Summary
In April 2010, Bolivian President Evo Morales called the first World Peoples’ Conference on Climate Change and the Rights of Mother Earth in response to a lack of a binding agreement on the issues of climate change. Afterward, Bolivia’s Ambassador to the United Nations submitted to the UN Secretary General, the Peoples’ Agreement, which contained 17 proposals developed by various organizations and the peoples’ conference. To address climate change, the proposal advocated various principles:
“We propose to the peoples of the world the recovery, appreciation and strengthening of the ancestral knowledge, wisdom and practices of indigenous peoples, encapsulated in the experience and proposal of “living well”, in which Mother Earth is recognized as a living thing with which we have an indivisible, interdependent, complementary and spiritual relationship.

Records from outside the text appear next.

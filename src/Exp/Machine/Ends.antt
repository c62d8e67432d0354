-- ===== src/Exp/Machine/Ends.antt =====
-- The fuel of the calls that the evaluator of src/src/exp.c makes on its stacks.
use dasm_dillon_code_sourcef.Common.{
  ℕ, length, Option, zero, suc, Bool, true, false, List, [], ◌∷◌, none, some, if◌then◌else◌, Run,
  ok, fault, out_of_fuel, ◌>>=◌, Ended,
}
use dasm_dillon_code_sourcef.Asm.{Flags, no_flags}
use dasm_dillon_code_sourcef.Exp.Operators.{
  Operator, Message, apply_operator, takelsb, takemsb, negate, invert_, not_, mult, add_, sub_,
  greater, greatereq, smaller, smallereq, eqeq, noteq, xor_, and_, or_, div, mod_, question,
  shiftright, shiftleft, andand, oror,
}
use dasm_dillon_code_sourcef.Exp.Machine.{
  Machine, Op, Arg, reset_args, reset_ops, store_arg, call, finish_call, call_unary, call_binary,
  evaltop_with, settle, settled, stackarg, evaltop, reduce, reduced, drain, drained, store_op,
  push_op, doop, open_bracket, close_loop, close_bracket,
}

-- The run comes to an end.
pub data Stops {ℓ} {A : Type ℓ} (r : Run A) : Type 0 where
  stop : Ended (λ a. Unit) r → Stops r

pub Stops-bind {ℓ κ} :
    {A : Type ℓ} {B : Type κ} (r : Run A) (f : A → Run B)
    → Stops r
    → ((a : A) → Stops (f a))
    → Stops (r >>= f)
Stops-bind (ok a) f h k = k a
Stops-bind fault f h k = stop tt
Stops-bind out_of_fuel f (stop h) k = absurd h

pub Stops-if {ℓ} :
    {A : Type ℓ} (b : Bool) (x y : Run A) → Stops x → Stops y → Stops (if b then x else y)
Stops-if true x y h k = h
Stops-if false x y h k = k

reset_args-Stops : (m : Machine) → Stops (reset_args m)
unfolding reset_args
reset_args-Stops m = search (Stops-if, stop)

pub reset_ops-Stops : (m : Machine) → Stops (reset_ops m)
unfolding reset_ops
reset_ops-Stops m = search (Stops-if, stop)

store_arg-Stops : (a : Arg) (m : Machine) → Stops (store_arg a m)
unfolding store_arg
store_arg-Stops a m = search (Stops-if, stop, reset_args-Stops)

apply_operator-Stops :
    (f : Operator) (v1 v2 : ℕ) (f1 f2 : Flags) → Stops (apply_operator f v1 v2 f1 f2)
unfolding apply_operator
apply_operator-Stops takelsb v1 v2 f1 f2 = stop tt
apply_operator-Stops takemsb v1 v2 f1 f2 = stop tt
apply_operator-Stops negate v1 v2 f1 f2 = stop tt
apply_operator-Stops invert_ v1 v2 f1 f2 = stop tt
apply_operator-Stops not_ v1 v2 f1 f2 = stop tt
apply_operator-Stops mult v1 v2 f1 f2 = stop tt
apply_operator-Stops add_ v1 v2 f1 f2 = stop tt
apply_operator-Stops sub_ v1 v2 f1 f2 = stop tt
apply_operator-Stops greater v1 v2 f1 f2 = stop tt
apply_operator-Stops greatereq v1 v2 f1 f2 = stop tt
apply_operator-Stops smaller v1 v2 f1 f2 = stop tt
apply_operator-Stops smallereq v1 v2 f1 f2 = stop tt
apply_operator-Stops eqeq v1 v2 f1 f2 = stop tt
apply_operator-Stops noteq v1 v2 f1 f2 = stop tt
apply_operator-Stops xor_ v1 v2 f1 f2 = stop tt
apply_operator-Stops and_ v1 v2 f1 f2 = stop tt
apply_operator-Stops or_ v1 v2 f1 f2 = stop tt
apply_operator-Stops div v1 v2 f1 f2 = search (Stops-if, stop)
apply_operator-Stops mod_ v1 v2 f1 f2 = search (Stops-if, stop)
apply_operator-Stops question v1 v2 f1 f2 = search (Stops-if, stop)
apply_operator-Stops shiftright v1 v2 f1 f2 = search (Stops-if, stop)
apply_operator-Stops shiftleft v1 v2 f1 f2 = search (Stops-if, stop)
apply_operator-Stops andand v1 v2 f1 f2 = search (Stops-if, stop)
apply_operator-Stops oror v1 v2 f1 f2 = search (Stops-if, stop)

call-Stops : (o : Option Operator) (v1 v2 : ℕ) (f1 f2 : Flags) → Stops (call o v1 v2 f1 f2)
call-Stops none v1 v2 f1 f2 = stop tt
call-Stops (some f) v1 v2 f1 f2 = apply_operator-Stops f v1 v2 f1 f2

module _ (next : Machine → Run Machine) (stops : (m : Machine) → Stops (next m)) where
  finish_call-Stops : (m : Machine) (r : ℕ × Flags × List Message) → Stops (finish_call next m r)
  unfolding finish_call
  finish_call-Stops m (v, f, msgs) = Stops-bind (store_arg _ _) next (store_arg-Stops _ _) stops

  call_unary-Stops : (o : Op) (m : Machine) (l : List Arg) → Stops (call_unary next o m l)
  unfolding call_unary
  call_unary-Stops o m [] = stop tt
  call_unary-Stops o m (a ∷ rest) =
      Stops-bind (call o.dis a.value 0 a.flags no_flags) _ (call-Stops o.dis _ _ _ _)
        (finish_call-Stops (record m { args = rest }))

  call_binary-Stops : (o : Op) (m : Machine) (l : List Arg) → Stops (call_binary next o m l)
  unfolding call_binary
  call_binary-Stops o m [] = stop tt
  call_binary-Stops o m (b ∷ []) = stop tt
  call_binary-Stops o m (b ∷ a ∷ rest) =
      Stops-bind (call o.dis a.value b.value a.flags b.flags) _ (call-Stops o.dis _ _ _ _)
        (finish_call-Stops (record m { args = rest }))

  evaltop_with-Stops : (m : Machine) (l : List Op) → Stops (evaltop_with next m l)
  unfolding evaltop_with
  evaltop_with-Stops m [] = reset_ops-Stops _
  evaltop_with-Stops m (o ∷ os) =
      search (Stops-if, reset_ops-Stops, reset_args-Stops, call_unary-Stops, call_binary-Stops)

settle-Stops : (k : ℕ) (m : Machine) → Stops (settle k m)
unfolding settle
settle-Stops zero m = stop tt
settle-Stops (suc k) m =
    let round = evaltop_with-Stops (settle k) (settle-Stops k) m m.ops in
    let more = Stops-bind (evaltop_with (settle k) m m.ops) (settle k) round (settle-Stops k) in
    search (Stops-if, stop)

settled-Stops : (m : Machine) → Stops (settled m)
unfolding settled
settled-Stops m = settle-Stops _ m

pub stackarg-Stops : (v : ℕ) (f : Flags) (text : List ℕ) (m : Machine) → Stops (stackarg v f text m)
unfolding stackarg
stackarg-Stops v f text m = Stops-bind (store_arg _ m) settled (store_arg-Stops _ m) settled-Stops

evaltop-Stops : (m : Machine) → Stops (evaltop m)
unfolding evaltop
evaltop-Stops m = evaltop_with-Stops settled settled-Stops m m.ops

reduce-Stops : (k pri : ℕ) (m : Machine) → Stops (reduce k pri m)
unfolding reduce
reduce-Stops zero pri m = stop tt
reduce-Stops (suc k) pri m =
    let more = Stops-bind (evaltop m) (reduce k pri) (evaltop-Stops m) (reduce-Stops k pri) in
    search (Stops-if, stop)

drain-Stops : (k : ℕ) (m : Machine) → Stops (drain k m)
unfolding drain
drain-Stops zero m = stop tt
drain-Stops (suc k) m =
    let more = Stops-bind (evaltop m) (drain k) (evaltop-Stops m) (drain-Stops k) in
    search (Stops-if, stop)

pub drained-Stops : (m : Machine) → Stops (drained m)
unfolding drained
drained-Stops m = drain-Stops _ m

store_op-Stops : (f : Option Operator) (pri : ℕ) (m : Machine) → Stops (store_op f pri m)
unfolding store_op
store_op-Stops f pri m = search (Stops-if, stop)

push_op-Stops : (f : Operator) (pri : ℕ) (m : Machine) → Stops (push_op f pri m)
unfolding push_op
push_op-Stops f pri m =
    Stops-bind (store_op (some f) pri m) _ (store_op-Stops _ pri m)
      (λ m2. search (Stops-if, reset_ops-Stops, stop))

pub doop-Stops : (f : Operator) (pri : ℕ) (m : Machine) → Stops (doop f pri m)
unfolding doop reduced
doop-Stops f pri m =
    let m' = record m { lastwasop = true } in
    let more =
      Stops-bind (reduce (length m.ops) pri m') (push_op f pri) (reduce-Stops _ pri m')
        (push_op-Stops f pri) in
    search (Stops-if, store_op-Stops)

pub open_bracket-Stops : (m : Machine) → Stops (open_bracket m)
unfolding open_bracket
open_bracket-Stops m = search (Stops-if, store_op-Stops, stop)

close_loop-Stops : (k : ℕ) (m : Machine) → Stops (close_loop k m)
unfolding close_loop
close_loop-Stops zero m = stop tt
close_loop-Stops (suc k) m =
    let more = Stops-bind (evaltop m) (close_loop k) (evaltop-Stops m) (close_loop-Stops k) in
    search (Stops-if, stop)

pub close_bracket-Stops : (m : Machine) → Stops (close_bracket m)
unfolding close_bracket
close_bracket-Stops m = Stops-bind (close_loop _ m) _ (close_loop-Stops _ m) (λ m'. stop tt)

To address climate change, we must recognize Mother Earth as the source of life and fashion a new system based on the principles of:
• Harmony and balance between everybody and with everything
• Complementarity, solidarity and fairness
• Collective well-being and satisfaction of everybody’s basic needs, in harmony with Mother Earth
• Respect for the rights of Mother Earth and for human rights
• Recognition of human beings for what they are and not what they have
• Elimination of all forms of colonialism, imperialism and interventionism
• Peace between peoples and with Mother Earth.

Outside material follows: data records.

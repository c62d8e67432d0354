-- ===== src/Long/Signed.antt =====
-- What the word operations of `Long` mean on the signed values that the patterns stand for.
use dasm_dillon_code_sourcef.Common.{ℕ, ◌-◌, ◌<◌, ◌≡◌, ◌≢◌, ltb, if◌then◌else◌, arith}
use dasm_dillon_code_sourcef.Common.Int.{ℤ, pos, negsuc, ◌+ℤ◌, ◌-ℤ◌, ltb_ℤ, ◌≤ℤ◌}
use dasm_dillon_code_sourcef.Long.{long_mod, long_min, neg, add, sub, lt_long}

-- the number that a pattern stands for
abbrev pub signed : ℕ → ℤ
signed a = if ltb a long_min then pos a else negsuc (long_mod - a - 1)

-- The comparison of two patterns is the comparison of the integers.
pub lt_long-ltb_ℤ :
    (a b : ℕ) → a < long_mod → b < long_mod → lt_long a b ≡ ltb_ℤ (signed a) (signed b)
unfolding lt_long
lt_long-ltb_ℤ a b ha hb = ground arith

-- Where the true sum is in range, `add` is the sum of the integers.
pub add-signed :
    (a b : ℕ)
    → a < long_mod
    → b < long_mod
    → negsuc (long_min - 1) ≤ℤ signed a +ℤ signed b
    → signed a +ℤ signed b ≤ℤ pos (long_min - 1)
    → signed (add a b) ≡ signed a +ℤ signed b
unfolding add ◌+ℤ◌
add-signed a b ha hb lo hi = ground arith

-- Where the true difference is in range, `sub` is the difference of the integers.
pub sub-signed :
    (a b : ℕ)
    → a < long_mod
    → b < long_mod
    → negsuc (long_min - 1) ≤ℤ signed a -ℤ signed b
    → signed a -ℤ signed b ≤ℤ pos (long_min - 1)
    → signed (sub a b) ≡ signed a -ℤ signed b
unfolding sub ◌-ℤ◌
sub-signed a b ha hb lo hi = ground arith

-- But for the least integer, `neg` is the negation of the integer.
pub neg-signed : (a : ℕ) → a < long_mod → a ≢ long_min → signed (neg a) ≡ pos 0 -ℤ signed a
unfolding neg ◌-ℤ◌
neg-signed a ha hm = ground arith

he proposal also calls for the recognition of the rights of nature, stating: “In an interdependent system in which human beings are just one component, it is impossible to recognize only the rights of the human element without causing an imbalance in the entire system. In order to guarantee human rights and restore harmony with nature, the rights of Mother Earth must be acknowledged and upheld effectively.”
To that end, the proposal calls for the adoption of the draft Universal Declaration of the Rights of Mother Earth.
Related Initiatives
Suggested Citation:
Kauffman, Craig, Catherine Haas, Alex Putzer, Shrishtee Bajpai, Kelsey Leonard, Elizabeth Macpherson, Pamela Martin, Alessandro Pelizzon & Linda Sheehan. Eco Jurisprudence Monitor. V2. 2026. Distributed by the Eco Jurisprudence Monitor. https://ecojurisprudence.org/initiatives/the-first-peoples-world-conference-on-climate-change-and-the-rights-of-mother-earth/.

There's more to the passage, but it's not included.